(Beginning of ENTRIES PROVIDED)
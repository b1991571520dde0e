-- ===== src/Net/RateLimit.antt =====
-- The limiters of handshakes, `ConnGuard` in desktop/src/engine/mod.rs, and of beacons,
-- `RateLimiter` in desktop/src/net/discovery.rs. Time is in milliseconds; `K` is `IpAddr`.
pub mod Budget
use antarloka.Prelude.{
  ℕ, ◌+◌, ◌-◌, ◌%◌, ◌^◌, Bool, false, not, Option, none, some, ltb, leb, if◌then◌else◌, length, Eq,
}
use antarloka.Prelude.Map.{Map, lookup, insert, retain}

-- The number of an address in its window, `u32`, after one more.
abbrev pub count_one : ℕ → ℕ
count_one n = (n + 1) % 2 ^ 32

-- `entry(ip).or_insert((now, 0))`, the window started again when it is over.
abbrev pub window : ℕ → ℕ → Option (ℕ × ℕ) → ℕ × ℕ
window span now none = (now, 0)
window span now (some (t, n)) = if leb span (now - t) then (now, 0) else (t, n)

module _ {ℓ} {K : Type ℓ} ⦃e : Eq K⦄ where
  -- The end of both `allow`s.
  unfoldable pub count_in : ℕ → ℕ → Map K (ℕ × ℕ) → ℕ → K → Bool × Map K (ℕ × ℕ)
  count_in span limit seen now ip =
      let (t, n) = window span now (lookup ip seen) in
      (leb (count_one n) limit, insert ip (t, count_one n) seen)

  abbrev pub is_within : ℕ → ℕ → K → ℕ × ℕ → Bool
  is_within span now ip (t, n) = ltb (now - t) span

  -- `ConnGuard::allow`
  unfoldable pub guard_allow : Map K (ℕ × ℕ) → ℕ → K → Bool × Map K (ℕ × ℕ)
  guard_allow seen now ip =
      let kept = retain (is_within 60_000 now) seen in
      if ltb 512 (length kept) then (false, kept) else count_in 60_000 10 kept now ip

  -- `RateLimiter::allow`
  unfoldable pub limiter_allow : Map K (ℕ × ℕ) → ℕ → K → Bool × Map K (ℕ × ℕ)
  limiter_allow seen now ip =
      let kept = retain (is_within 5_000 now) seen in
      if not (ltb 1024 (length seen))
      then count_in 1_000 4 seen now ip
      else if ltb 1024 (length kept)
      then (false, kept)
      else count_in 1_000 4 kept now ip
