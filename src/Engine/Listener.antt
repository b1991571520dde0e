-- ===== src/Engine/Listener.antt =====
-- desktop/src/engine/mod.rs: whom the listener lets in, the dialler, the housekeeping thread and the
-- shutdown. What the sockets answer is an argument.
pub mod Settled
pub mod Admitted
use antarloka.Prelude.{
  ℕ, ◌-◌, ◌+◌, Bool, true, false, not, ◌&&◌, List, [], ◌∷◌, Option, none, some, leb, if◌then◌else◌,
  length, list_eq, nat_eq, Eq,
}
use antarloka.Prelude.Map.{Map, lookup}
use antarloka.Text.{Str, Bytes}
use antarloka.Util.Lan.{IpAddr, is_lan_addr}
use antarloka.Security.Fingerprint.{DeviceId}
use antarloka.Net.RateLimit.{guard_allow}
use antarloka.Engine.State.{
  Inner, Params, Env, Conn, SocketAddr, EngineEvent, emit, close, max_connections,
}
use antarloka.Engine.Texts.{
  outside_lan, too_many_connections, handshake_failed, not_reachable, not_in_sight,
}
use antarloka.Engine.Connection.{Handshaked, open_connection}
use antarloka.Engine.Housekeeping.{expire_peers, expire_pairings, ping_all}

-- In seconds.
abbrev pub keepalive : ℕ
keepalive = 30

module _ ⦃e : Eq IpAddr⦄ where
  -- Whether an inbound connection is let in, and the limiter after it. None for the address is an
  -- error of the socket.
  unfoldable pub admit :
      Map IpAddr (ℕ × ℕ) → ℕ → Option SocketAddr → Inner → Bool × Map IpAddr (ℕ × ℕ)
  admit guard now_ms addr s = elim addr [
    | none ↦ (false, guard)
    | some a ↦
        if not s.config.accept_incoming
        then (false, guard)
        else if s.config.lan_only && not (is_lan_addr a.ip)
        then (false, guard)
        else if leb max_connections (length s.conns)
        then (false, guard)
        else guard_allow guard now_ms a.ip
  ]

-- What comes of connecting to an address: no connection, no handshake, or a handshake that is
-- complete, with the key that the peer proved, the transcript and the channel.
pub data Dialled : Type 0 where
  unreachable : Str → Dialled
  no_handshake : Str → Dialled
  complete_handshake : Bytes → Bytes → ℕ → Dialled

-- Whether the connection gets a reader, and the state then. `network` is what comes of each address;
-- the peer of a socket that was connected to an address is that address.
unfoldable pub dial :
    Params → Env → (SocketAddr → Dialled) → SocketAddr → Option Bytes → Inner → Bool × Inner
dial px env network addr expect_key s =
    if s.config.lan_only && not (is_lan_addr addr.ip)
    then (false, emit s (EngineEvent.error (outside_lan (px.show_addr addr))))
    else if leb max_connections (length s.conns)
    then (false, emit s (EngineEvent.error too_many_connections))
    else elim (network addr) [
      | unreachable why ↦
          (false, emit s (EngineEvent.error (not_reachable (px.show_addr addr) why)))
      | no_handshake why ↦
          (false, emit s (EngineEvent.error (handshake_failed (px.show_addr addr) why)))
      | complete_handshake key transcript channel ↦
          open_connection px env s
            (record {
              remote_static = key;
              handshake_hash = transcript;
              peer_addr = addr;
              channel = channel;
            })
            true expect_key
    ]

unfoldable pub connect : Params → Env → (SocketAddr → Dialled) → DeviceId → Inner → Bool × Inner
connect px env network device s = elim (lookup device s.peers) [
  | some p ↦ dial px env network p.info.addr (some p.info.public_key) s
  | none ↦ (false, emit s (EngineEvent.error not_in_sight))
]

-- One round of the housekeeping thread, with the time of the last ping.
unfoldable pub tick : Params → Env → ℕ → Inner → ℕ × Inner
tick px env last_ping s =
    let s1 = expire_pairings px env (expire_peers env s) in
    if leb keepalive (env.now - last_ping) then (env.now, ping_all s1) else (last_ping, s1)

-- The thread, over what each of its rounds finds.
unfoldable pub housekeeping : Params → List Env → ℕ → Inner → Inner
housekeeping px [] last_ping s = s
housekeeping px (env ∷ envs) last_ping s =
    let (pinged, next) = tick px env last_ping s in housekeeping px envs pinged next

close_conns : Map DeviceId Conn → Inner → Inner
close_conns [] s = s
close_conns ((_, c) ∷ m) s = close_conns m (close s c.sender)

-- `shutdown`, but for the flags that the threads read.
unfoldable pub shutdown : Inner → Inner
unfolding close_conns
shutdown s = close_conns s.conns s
(End of ENTRIES PROVIDED)
If a line of the entries contains "shutdown", it counts; say how many such lines there are and give only the number.

SOLUTION: 4